**Stored items:**
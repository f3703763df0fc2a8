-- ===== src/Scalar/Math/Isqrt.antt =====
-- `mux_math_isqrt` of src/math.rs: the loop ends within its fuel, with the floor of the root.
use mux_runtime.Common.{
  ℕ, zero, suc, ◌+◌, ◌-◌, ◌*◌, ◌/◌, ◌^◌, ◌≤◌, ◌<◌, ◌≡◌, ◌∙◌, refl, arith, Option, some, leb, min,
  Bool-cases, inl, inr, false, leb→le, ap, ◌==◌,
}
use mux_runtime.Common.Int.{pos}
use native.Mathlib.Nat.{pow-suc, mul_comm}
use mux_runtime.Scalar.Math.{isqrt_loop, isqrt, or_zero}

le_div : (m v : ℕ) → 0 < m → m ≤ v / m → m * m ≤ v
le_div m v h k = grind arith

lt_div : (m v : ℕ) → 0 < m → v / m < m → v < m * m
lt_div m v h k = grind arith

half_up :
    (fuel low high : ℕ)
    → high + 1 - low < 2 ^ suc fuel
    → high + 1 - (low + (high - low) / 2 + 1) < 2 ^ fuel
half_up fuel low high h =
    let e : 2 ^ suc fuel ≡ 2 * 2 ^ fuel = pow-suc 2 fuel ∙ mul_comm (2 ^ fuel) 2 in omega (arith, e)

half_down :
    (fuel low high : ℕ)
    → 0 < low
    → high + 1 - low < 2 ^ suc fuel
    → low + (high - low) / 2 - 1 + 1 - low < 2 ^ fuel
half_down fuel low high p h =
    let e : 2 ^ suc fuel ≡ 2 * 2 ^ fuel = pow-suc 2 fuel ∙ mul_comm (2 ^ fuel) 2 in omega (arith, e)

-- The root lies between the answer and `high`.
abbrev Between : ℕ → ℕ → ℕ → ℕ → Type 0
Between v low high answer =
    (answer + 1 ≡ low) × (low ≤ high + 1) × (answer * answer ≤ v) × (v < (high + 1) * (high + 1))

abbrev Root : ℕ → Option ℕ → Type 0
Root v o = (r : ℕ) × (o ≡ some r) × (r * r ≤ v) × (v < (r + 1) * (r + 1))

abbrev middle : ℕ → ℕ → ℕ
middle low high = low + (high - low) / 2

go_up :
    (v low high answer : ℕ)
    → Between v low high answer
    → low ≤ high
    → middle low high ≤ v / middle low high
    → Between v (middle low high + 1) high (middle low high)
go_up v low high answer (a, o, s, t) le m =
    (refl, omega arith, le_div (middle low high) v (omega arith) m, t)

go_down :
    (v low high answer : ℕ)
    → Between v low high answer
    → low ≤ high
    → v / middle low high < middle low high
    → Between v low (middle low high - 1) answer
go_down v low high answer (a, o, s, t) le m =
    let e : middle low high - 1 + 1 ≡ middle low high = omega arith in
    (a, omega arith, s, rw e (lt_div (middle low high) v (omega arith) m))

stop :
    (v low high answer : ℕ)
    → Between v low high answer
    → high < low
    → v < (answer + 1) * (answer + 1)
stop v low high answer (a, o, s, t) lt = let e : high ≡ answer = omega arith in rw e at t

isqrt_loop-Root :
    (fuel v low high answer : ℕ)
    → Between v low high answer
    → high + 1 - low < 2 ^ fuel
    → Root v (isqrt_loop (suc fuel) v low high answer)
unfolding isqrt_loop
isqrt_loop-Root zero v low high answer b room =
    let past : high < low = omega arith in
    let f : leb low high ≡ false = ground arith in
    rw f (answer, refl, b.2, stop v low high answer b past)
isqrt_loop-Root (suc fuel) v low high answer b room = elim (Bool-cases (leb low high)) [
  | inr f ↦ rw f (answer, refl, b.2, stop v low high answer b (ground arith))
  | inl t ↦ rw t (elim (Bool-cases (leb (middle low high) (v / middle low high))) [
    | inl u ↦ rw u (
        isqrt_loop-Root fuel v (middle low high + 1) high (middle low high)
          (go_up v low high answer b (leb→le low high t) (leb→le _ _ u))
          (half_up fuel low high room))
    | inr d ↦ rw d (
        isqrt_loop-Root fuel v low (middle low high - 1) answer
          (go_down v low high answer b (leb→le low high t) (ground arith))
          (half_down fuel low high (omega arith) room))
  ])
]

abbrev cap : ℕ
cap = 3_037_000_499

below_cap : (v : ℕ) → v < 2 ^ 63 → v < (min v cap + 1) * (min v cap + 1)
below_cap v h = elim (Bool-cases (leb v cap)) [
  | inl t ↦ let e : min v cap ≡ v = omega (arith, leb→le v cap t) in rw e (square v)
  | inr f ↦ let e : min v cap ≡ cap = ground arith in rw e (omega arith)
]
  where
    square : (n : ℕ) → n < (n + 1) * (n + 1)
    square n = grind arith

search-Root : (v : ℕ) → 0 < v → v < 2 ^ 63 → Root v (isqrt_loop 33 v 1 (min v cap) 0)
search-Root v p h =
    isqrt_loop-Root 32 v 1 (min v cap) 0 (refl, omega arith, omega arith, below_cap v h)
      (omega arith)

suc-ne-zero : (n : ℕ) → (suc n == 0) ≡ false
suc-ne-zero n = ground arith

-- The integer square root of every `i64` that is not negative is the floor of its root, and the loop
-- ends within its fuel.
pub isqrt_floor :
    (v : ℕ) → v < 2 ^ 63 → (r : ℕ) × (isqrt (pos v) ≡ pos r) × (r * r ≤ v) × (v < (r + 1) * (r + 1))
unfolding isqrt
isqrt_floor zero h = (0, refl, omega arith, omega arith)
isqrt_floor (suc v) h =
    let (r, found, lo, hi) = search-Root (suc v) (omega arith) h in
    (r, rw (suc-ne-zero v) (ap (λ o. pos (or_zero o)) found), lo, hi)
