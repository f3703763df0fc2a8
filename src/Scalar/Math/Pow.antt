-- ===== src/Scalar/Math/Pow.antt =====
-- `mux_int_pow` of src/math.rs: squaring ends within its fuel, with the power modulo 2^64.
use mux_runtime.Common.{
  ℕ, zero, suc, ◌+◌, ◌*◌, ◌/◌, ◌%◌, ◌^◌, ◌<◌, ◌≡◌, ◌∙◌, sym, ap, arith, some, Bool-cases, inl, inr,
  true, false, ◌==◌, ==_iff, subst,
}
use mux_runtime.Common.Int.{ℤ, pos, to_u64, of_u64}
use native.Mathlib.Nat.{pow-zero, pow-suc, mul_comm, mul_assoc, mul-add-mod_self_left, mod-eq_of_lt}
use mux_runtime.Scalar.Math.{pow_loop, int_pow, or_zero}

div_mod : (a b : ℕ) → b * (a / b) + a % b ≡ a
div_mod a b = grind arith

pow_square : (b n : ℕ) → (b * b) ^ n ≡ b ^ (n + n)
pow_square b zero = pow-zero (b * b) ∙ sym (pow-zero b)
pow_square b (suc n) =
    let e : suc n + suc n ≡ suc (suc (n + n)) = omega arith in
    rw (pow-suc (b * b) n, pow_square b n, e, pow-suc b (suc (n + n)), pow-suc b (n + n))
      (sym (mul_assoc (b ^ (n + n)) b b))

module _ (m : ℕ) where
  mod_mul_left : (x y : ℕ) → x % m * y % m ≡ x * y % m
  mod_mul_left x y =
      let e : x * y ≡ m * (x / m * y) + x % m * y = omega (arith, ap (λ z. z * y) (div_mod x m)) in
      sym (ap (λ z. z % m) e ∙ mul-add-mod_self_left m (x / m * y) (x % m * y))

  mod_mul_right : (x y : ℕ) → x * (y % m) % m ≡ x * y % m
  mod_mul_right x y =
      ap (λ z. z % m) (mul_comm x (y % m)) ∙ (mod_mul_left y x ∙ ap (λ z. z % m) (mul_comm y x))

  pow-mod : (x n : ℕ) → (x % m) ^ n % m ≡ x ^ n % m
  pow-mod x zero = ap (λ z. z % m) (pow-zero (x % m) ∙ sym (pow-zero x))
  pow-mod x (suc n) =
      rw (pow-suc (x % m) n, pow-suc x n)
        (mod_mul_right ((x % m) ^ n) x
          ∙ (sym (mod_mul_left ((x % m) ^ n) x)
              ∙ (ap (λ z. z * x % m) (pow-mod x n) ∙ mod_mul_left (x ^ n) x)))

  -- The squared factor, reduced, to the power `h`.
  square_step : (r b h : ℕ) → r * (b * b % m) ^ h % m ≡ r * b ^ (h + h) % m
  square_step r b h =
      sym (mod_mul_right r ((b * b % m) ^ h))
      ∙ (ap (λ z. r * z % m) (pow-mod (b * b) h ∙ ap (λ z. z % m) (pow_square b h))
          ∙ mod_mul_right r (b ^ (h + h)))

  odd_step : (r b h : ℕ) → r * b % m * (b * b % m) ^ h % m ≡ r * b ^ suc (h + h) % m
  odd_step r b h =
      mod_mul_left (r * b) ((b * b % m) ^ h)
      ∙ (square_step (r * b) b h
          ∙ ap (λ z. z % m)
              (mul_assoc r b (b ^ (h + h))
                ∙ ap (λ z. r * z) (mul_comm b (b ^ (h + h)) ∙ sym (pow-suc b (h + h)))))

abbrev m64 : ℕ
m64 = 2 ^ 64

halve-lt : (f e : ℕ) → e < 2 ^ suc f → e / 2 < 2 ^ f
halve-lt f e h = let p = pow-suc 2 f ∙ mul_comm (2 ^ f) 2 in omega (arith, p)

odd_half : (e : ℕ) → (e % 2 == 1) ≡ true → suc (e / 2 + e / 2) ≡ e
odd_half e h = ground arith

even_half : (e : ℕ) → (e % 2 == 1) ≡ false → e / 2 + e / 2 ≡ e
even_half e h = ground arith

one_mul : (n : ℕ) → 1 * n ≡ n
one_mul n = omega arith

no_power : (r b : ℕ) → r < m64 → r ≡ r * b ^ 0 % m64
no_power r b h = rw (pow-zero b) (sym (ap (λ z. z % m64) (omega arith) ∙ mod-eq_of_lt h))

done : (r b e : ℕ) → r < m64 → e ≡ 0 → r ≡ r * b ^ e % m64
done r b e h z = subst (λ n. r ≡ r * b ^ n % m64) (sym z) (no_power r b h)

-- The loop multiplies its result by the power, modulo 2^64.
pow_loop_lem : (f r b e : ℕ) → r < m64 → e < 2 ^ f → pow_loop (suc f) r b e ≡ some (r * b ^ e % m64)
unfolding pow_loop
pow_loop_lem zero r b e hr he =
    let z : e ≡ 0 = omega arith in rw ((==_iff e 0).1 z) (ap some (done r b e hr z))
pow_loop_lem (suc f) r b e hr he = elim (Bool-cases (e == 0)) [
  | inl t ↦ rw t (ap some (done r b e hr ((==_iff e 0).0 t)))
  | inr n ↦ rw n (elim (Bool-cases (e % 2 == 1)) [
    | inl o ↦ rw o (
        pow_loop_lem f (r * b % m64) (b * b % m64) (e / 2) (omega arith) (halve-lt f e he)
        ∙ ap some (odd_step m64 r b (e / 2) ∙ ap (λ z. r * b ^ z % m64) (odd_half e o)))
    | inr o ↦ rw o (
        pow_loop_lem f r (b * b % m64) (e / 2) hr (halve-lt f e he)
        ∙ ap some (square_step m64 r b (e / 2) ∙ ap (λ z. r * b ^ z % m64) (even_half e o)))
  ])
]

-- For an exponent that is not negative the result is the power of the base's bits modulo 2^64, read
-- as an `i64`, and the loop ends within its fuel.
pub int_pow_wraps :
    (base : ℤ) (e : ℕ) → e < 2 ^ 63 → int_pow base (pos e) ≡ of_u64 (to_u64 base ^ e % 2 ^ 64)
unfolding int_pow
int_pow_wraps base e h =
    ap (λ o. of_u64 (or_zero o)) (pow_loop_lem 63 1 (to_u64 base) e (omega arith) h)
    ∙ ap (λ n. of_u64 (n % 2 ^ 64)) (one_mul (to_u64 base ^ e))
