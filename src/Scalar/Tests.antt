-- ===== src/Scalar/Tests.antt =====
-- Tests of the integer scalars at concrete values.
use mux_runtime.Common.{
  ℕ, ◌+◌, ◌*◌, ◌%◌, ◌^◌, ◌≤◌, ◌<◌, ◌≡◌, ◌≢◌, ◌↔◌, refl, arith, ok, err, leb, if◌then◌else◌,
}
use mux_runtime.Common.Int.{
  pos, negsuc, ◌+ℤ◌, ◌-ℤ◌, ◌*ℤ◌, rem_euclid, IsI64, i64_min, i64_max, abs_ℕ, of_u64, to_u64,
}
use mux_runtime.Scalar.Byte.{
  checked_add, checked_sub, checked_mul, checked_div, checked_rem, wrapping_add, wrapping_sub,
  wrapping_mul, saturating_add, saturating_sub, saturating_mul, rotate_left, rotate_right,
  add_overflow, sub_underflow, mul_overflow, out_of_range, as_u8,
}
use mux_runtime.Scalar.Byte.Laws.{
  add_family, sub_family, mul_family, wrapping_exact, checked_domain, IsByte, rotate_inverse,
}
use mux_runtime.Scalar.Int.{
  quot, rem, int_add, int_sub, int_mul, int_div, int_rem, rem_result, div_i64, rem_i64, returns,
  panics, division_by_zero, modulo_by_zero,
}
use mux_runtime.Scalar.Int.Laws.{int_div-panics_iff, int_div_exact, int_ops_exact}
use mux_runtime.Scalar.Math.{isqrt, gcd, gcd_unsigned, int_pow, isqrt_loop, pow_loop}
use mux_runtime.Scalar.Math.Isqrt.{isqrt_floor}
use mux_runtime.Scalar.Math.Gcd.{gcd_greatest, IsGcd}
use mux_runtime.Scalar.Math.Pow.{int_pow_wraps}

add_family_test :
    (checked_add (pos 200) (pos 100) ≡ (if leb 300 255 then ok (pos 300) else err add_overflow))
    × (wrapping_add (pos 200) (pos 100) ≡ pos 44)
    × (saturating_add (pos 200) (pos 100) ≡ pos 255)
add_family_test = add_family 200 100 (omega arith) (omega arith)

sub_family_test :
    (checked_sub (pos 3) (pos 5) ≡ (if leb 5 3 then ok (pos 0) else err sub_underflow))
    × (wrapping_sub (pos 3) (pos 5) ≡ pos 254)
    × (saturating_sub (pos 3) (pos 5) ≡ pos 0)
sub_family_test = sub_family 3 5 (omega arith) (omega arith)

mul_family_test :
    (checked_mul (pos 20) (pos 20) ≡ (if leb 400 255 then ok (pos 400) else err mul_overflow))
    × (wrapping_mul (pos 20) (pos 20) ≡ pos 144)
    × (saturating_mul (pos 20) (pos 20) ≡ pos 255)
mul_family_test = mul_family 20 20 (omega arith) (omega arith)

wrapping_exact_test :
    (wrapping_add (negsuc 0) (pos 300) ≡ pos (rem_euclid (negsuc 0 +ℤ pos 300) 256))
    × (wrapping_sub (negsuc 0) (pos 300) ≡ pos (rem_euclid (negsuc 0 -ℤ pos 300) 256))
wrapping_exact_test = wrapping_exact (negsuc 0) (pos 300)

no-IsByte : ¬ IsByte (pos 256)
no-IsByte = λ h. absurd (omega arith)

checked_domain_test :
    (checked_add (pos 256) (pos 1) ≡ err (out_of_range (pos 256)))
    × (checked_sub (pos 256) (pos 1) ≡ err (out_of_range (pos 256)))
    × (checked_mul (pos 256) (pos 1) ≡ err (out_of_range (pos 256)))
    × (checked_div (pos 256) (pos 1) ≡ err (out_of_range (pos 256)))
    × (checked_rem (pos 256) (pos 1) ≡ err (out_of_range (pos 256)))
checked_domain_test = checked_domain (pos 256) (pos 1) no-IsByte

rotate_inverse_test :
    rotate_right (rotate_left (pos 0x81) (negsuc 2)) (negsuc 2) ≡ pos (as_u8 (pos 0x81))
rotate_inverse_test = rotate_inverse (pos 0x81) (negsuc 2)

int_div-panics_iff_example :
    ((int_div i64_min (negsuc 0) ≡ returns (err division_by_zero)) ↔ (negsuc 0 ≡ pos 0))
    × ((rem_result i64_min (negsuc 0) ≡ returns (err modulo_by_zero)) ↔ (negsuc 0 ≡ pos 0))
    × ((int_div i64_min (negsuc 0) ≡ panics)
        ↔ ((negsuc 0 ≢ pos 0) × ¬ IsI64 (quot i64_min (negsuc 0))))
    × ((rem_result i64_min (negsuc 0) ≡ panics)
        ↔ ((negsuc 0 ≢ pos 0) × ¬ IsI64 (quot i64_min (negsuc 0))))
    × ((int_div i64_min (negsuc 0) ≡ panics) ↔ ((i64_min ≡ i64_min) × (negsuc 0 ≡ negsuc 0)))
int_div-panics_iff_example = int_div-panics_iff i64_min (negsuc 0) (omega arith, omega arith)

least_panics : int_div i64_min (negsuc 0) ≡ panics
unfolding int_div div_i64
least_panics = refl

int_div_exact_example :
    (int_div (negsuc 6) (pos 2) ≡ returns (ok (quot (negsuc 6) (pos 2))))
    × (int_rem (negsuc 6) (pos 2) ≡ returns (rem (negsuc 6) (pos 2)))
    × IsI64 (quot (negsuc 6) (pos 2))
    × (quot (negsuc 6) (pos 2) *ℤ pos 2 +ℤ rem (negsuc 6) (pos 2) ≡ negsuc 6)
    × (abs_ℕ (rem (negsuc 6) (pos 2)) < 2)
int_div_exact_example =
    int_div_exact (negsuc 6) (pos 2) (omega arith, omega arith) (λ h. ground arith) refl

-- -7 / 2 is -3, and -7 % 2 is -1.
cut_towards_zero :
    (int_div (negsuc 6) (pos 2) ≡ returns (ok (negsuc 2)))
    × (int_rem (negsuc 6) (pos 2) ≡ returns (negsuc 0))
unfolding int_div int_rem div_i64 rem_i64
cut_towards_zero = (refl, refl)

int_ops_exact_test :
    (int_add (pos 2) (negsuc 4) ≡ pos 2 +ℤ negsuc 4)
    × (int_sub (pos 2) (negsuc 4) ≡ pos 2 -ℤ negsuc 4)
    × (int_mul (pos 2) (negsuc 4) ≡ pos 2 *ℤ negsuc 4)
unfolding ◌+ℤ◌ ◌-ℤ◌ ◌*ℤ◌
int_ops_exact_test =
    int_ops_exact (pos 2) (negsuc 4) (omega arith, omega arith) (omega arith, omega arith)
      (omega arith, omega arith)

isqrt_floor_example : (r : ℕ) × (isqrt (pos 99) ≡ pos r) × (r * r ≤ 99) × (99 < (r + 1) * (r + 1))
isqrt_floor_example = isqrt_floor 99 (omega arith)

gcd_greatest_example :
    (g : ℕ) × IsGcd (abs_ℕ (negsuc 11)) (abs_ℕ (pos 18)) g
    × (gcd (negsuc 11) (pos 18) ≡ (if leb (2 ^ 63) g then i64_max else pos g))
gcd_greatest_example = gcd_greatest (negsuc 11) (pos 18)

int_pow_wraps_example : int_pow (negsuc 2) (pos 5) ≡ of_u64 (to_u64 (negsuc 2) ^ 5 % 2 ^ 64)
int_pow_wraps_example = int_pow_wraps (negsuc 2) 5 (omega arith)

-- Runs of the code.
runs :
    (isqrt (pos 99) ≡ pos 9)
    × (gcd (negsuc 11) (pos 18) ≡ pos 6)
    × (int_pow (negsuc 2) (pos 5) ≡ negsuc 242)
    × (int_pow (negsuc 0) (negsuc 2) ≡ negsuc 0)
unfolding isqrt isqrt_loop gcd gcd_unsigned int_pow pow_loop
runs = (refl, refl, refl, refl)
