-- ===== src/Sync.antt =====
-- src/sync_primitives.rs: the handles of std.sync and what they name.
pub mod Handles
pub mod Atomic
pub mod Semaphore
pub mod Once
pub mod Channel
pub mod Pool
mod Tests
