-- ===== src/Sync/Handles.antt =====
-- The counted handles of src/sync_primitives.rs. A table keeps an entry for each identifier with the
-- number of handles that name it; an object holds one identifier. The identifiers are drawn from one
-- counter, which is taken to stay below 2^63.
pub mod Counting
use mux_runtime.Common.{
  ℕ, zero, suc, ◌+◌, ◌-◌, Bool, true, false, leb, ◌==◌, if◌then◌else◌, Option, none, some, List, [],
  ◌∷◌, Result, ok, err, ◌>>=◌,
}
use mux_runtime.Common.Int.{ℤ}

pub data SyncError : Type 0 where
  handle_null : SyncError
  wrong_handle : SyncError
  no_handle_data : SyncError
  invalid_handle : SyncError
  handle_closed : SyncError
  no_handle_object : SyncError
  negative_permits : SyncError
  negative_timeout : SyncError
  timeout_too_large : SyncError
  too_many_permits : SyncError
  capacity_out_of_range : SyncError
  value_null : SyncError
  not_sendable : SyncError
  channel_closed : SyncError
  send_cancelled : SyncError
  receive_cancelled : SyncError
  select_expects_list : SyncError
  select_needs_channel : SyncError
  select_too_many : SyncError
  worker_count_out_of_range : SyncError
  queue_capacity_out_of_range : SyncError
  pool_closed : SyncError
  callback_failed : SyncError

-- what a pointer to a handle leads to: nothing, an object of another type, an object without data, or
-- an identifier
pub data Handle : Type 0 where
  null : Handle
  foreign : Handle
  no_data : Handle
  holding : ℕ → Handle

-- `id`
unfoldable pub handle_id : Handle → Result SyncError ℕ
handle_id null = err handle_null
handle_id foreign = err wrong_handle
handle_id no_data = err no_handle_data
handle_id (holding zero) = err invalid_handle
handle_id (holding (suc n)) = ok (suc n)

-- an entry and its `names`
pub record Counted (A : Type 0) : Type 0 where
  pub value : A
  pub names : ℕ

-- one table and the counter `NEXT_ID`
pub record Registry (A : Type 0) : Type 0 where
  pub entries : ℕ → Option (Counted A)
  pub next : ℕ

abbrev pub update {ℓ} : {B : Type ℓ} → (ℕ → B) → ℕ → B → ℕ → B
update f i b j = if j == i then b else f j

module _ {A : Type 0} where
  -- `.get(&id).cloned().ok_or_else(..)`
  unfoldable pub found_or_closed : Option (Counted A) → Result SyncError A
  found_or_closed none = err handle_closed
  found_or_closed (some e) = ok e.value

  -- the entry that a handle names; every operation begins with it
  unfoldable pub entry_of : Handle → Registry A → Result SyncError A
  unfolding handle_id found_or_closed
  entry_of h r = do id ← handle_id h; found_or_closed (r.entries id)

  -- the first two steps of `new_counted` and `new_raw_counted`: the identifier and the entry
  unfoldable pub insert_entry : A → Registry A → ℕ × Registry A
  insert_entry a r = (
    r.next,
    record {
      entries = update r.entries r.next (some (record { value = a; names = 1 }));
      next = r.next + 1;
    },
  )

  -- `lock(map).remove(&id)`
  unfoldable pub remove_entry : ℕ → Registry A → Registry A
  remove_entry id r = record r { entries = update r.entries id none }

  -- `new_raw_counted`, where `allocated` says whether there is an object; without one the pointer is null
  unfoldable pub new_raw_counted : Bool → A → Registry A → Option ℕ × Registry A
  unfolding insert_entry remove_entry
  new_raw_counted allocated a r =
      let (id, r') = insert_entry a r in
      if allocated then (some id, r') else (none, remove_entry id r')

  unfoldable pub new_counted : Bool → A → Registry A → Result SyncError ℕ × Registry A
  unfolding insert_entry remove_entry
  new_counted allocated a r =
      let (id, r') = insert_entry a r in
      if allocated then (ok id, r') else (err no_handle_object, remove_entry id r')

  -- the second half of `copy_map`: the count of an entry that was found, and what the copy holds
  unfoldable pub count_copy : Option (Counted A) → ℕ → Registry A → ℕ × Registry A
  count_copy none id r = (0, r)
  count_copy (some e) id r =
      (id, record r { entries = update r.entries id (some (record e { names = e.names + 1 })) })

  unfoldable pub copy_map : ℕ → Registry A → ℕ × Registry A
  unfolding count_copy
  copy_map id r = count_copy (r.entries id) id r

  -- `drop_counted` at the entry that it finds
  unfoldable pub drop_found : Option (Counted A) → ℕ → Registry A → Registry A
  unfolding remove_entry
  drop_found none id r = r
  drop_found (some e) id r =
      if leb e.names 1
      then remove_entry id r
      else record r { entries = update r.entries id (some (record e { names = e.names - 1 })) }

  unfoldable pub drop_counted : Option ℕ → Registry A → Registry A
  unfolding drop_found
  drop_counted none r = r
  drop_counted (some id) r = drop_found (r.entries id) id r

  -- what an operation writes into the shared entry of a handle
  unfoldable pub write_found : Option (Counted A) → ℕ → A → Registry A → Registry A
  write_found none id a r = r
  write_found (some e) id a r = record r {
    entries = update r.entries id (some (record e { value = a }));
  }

**WHAT IS REQUIRED:** From the entries above, copy every line where the word "without" shows up.

**RESPONSE FOR THIS EXERCISE:**
-- what a pointer to a handle leads to: nothing, an object of another type, an object without data, or
  -- `new_raw_counted`, where `allocated` says whether there is an object; without one the pointer is null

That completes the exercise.